This is why I say it is not about the Art, so much as it is about the student:  If it doesn't click for the student in the classroom, it won't click for them when they need it.  It could even be a highly tested and proven effective art, but the question remains is it right for the student.  Does it suit them, does it play to their way of learning and is the doctrine, strategies, and tactics make sense to the student. If not, they should look into an art that does click for them.


----------



## Carol

I guess, as the others have been saying, the answer is "It Depends"

There are a couple of elements to Muay Thai that are typically not addressed in Kenpo schools:  rigorous conditioning and competitive fighting.  I'm sure there are some Kenpo schools out there (such as LuckyKBoxer's) that do incorporate these, but I think they are more the exception than the norm.  

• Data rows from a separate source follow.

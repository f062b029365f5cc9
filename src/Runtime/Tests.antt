-- ===== src/Runtime/Tests.antt =====
-- src/runtime.rs: runs of the runtime on small inputs, over the list channels of Channel/Fifo.
use Prim.Native.String.{String}
use mathlib.Core.Bool.{Bool-discrete}
use runact.Prelude.{
  ◌≢◌, ◌+◌, ℕ, ◌≡◌, refl, Bool, true, false, Option, none, some, List, [], ◌∷◌, get_elem?, arith,
}
use runact.Any.{Types, Any, boxed}
use runact.Channel.{Channels}
use runact.Channel.Fifo.{fifo, fifo-IsLawful}
use runact.Actor.ActorId.{ActorId}
use runact.Actor.ActorId
use runact.Actor.Error.{ok, err, mailbox_full}
use runact.Scheduler.Reduction
use runact.Prelude.HashMap.{lookup, insert}
use runact.Runtime.{
  RequestHandle, inspect_actor, MessageEnvelope, message, request, RuntimeConfig, Runtime,
  with_config, spawn, send, request_from,
}
use runact.Runtime.Events.{Event, spawned, sent_to, run}
use runact.Runtime.Ids.{spawn-fresh}
use runact.Runtime.Routing.{
  Delivers, requesting, RoutesTo, at_capacity, send-Delivers, send-refused, request_from-Delivers,
}
use runact.Actor.Context.{ActorContext, replied, blocked, reply}
use runact.Actor.Context
use runact.Runtime.Requests.{Reception, recv}
use runact.Runtime.Replies.{IsFresh, reply-reply}
use runact.Runtime.Answered.{replier, Served, request_from-Served}
use runact.Runtime.ActorLoop.{turn, goes_on, drain, stops, Drained, LoopState, drain-Drained}

abbrev pub PayloadOf : Bool → Type 0
PayloadOf true = ℕ
PayloadOf false = String

abbrev pub payloads : Types
payloads = record { Ty = Bool; El = PayloadOf; same = Bool-discrete }

abbrev pub number : ℕ → Any payloads
number n = boxed payloads true n

abbrev word : String → Any payloads
word s = boxed payloads false s

abbrev pub boxes : Channels (MessageEnvelope payloads)
boxes = fifo (MessageEnvelope payloads)

abbrev pub answers : Channels (Any payloads)
answers = fifo (Any payloads)

abbrev config : RuntimeConfig
config = record { mailbox_capacity = 2; shutdown_timeout = 0 }

abbrev events : List (Event payloads)
events =
    spawned ∷ spawned ∷ sent_to (ActorId.new 2) (number 7) ∷ sent_to (ActorId.new 2) (word "x") ∷ []

abbrev started : Runtime payloads boxes answers
started = run (with_config 2 config) events

refused : (send started (ActorId.new 2) (number 8)).0 ≡ err (mailbox_full (ActorId.new 2))
unfolding run with_config spawn send lookup insert
refused = refl

spawn-fresh_example :
    ((spawn started).0 ≡ ok (ActorId.new 3))
    × (lookup 3 started.actors ≡ none)
    × (inspect_actor (spawn started).1 (ActorId.new 3)
        ≡ ok (some (record { id = ActorId.new 3; name = none; mailbox_depth = 0 })))
    × ((k : ℕ) → k ≢ 3 → lookup k (spawn started).1.actors ≡ lookup k started.actors)
unfolding run with_config spawn send lookup insert ActorId.new
spawn-fresh_example = spawn-fresh boxes answers 2 config events started (omega arith) refl

-- The mailbox of the first actor, which is empty, and that of the second, which is full.
abbrev empty_box : boxes.Chan
empty_box = record { items = []; bound = 2; open_end = true; senders = 1 }

abbrev full_box : boxes.Chan
full_box = record {
  items = message (number 7) ∷ message (word "x") ∷ [];
  bound = 2;
  open_end = true;
  senders = 1;
}

first_route : RoutesTo started (ActorId.new 1) 0 empty_box
unfolding run with_config spawn send lookup insert ActorId.new
first_route = record { unpoisoned = refl; routed = refl; opened = refl }

second_route : RoutesTo started (ActorId.new 2) 1 full_box
unfolding run with_config spawn send lookup insert ActorId.new
second_route = record { unpoisoned = refl; routed = refl; opened = refl }

send-Delivers_example :
    ((send started (ActorId.new 1) (number 4)).0 ≡ ok tt)
    × Delivers started 0 empty_box (message (number 4)) (send started (ActorId.new 1) (number 4)).1
send-Delivers_example =
    send-Delivers (fifo-IsLawful (MessageEnvelope payloads)) started (ActorId.new 1) (number 4) 0
      empty_box first_route refl (omega arith)

send-refused_example :
    (send started (ActorId.new 2) (number 8) ≡ (err (mailbox_full (ActorId.new 2)), started))
    × (request_from started (ActorId.new 2) (number 8) ≡ (
      err (mailbox_full (ActorId.new 2)),
      record started { request_counter = 1; replies = answers.bounded 1 ∷ [] },
    ))
unfolding run with_config spawn send request_from lookup insert
send-refused_example =
    send-refused (fifo-IsLawful (MessageEnvelope payloads)) started (ActorId.new 2) (number 8)
      (mailbox_full (ActorId.new 2))
      (at_capacity 1 full_box second_route refl (omega arith) (omega arith))

request_from-Delivers_example :
    let r = request_from started (ActorId.new 1) (number 4) in
    (r.0 ≡ ok (record { id = 0; receiver = 0 }))
    × (r.1.request_counter ≡ 1)
    × (r.1.replies ≡ answers.bounded 1 ∷ [])
    × Delivers (requesting started) 0 empty_box (request 0 (number 4) 0) r.1
unfolding run with_config spawn send request_from lookup insert
request_from-Delivers_example =
    request_from-Delivers (fifo-IsLawful (MessageEnvelope payloads)) started (ActorId.new 1)
      (number 4) 0 empty_box first_route refl (omega arith)

-- An actor that adds up the numbers that it is sent.
abbrev add_up : ℕ → Option ℕ → ℕ × boxes.Chan → ℕ × boxes.Chan
add_up m reply (total, c) = (total + m, c)

abbrev adding : LoopState boxes ℕ
adding = record { actor = 3; mailbox = full_box; reply_sender = none; reductions = Reduction.new }

drain-Drained_example :
    (w : LoopState boxes ℕ) × (drain true add_up 3 adding ≡ stops w)
    × Drained true add_up
        (λ m reply total. total + m)
        (λ m reply total c. refl)
        full_box.items
        adding
        w
drain-Drained_example =
    drain-Drained true add_up (λ m reply total. total + m) (λ m reply total c. refl)
      (fifo-IsLawful (MessageEnvelope payloads)) full_box.items adding refl

-- A handler that has a request to answer, with its new reply channel.
abbrev asked : ActorContext
asked = Context.set_reply_sender (some 0) (Context.new (ActorId.new 1))

abbrev new_replies : List answers.Chan
new_replies = answers.bounded 1 ∷ []

first_reply : IsFresh answers new_replies 0
first_reply = record {
  channel = answers.bounded 1;
  stored = refl;
  unused = refl;
  one = refl;
  awaited = refl;
}

reply-reply_example :
    (replies' : List answers.Chan) × (reply answers asked (number 5) new_replies
      ≡ replied (ok tt) replies')
    × (recv answers (record { id = 9; receiver = 0 }) replies' ≡ Reception.returned (ok (number 5)))
    × (reply answers asked (word "again") replies' ≡ blocked)
unfolding Context.set_reply_sender
reply-reply_example =
    reply-reply (fifo-IsLawful (Any payloads)) asked 0 (number 5) (word "again") new_replies 9 refl
      first_reply

-- An actor that counts its requests, and answers each with the text "done".
abbrev counting : ℕ → ℕ → String × ℕ
counting m count = ("done", count + 1)

request_from-Served_example :
    let result = request_from started (ActorId.new 1) (number 4) in
    (handle : RequestHandle) × (now : boxes.Chan) × (w : LoopState boxes (ℕ × List answers.Chan))
    × (result.0 ≡ ok handle)
    × (get_elem? result.1.mailboxes 0 ≡ some now)
    × (turn true (replier boxes answers true false counting) false (record {
      actor = (0, result.1.replies);
      mailbox = now;
      reply_sender = none;
      reductions = Reduction.new;
    })
        ≡ goes_on w)
    × Served boxes answers true false counting 4 0 handle w
request_from-Served_example =
    request_from-Served (fifo-IsLawful (MessageEnvelope payloads)) (fifo-IsLawful (Any payloads))
      true false counting started (ActorId.new 1) 0 empty_box first_route refl refl (omega arith) 4
      0 false none Reduction.new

Muay Thai is a striking art, so is Kenpo, but there are elements to Kenpo that (when taught properly) will teach so much more, such as learning the mechanics that will help you evade an assault and position yourself where you are in a more favorable position agaist your attacker.  This is a bit different than squaring off with another fighter.  Kenpo also has elements of control.  You can learn how to better control an attacker's weapons (limbs) and with a proper foundation you can learn how to control another person instead of pouding the heck out of them.  

On a final note, at the risk of sounding redundant, so much really does depend on the teacher.  If you like what you're learning, you love being a part of the class, your teacher can reach you so you learn more, and you push yourself to practice and do well on the mat.-- that's the right art for you, regardless of what art that is.


----------



## Xinglu

Carol said:


> Muay Thai is a striking art, so is Kenpo, but there are elements to Kenpo that (when taught properly) will teach so much more, such as learning the mechanics that will help you evade an assault and position yourself where you are in a more favorable position agaist your attacker.  This is a bit different than squaring off with another fighter.


I beg to differ.  I assert that if you are not being taught evasion, slipping, and maneuvering tactics then you are being taught poor Muay Thai.  They have no problems evading an attack, quickly slipping to the side and giving your temple some love or driving a knee into your ribs or spine. It's all in how you train it.



Carol said:


> Kenpo also has elements of control.  You can learn how to better control an attacker's weapons (limbs) and with a proper foundation you can learn how to control another person instead of pouding the heck out of them.


 To me, this is what made the difference.  As a small guy, I use qinna more then any other tool I have, okay, maybe I like me some back-knuckle too .  I have found that it sets me up very nicely to finish the fight if needs be (or in some case that is enough to defuse the situation).  Unfortunately MOST of the Qinna I have learned came from outside of Kenpo.  So while it IS there, it is not Kenpo's strongest point .  To me the strongest point is economy of movement.  But that's just personal opinion.



Carol said:


> On a final note, at the risk of sounding redundant, so much really does depend on the teacher.  If you like what you're learning, you love being a part of the class, your teacher can reach you so you learn more, and you push yourself to practice and do well on the mat.-- that's the right art for you, regardless of what art that is.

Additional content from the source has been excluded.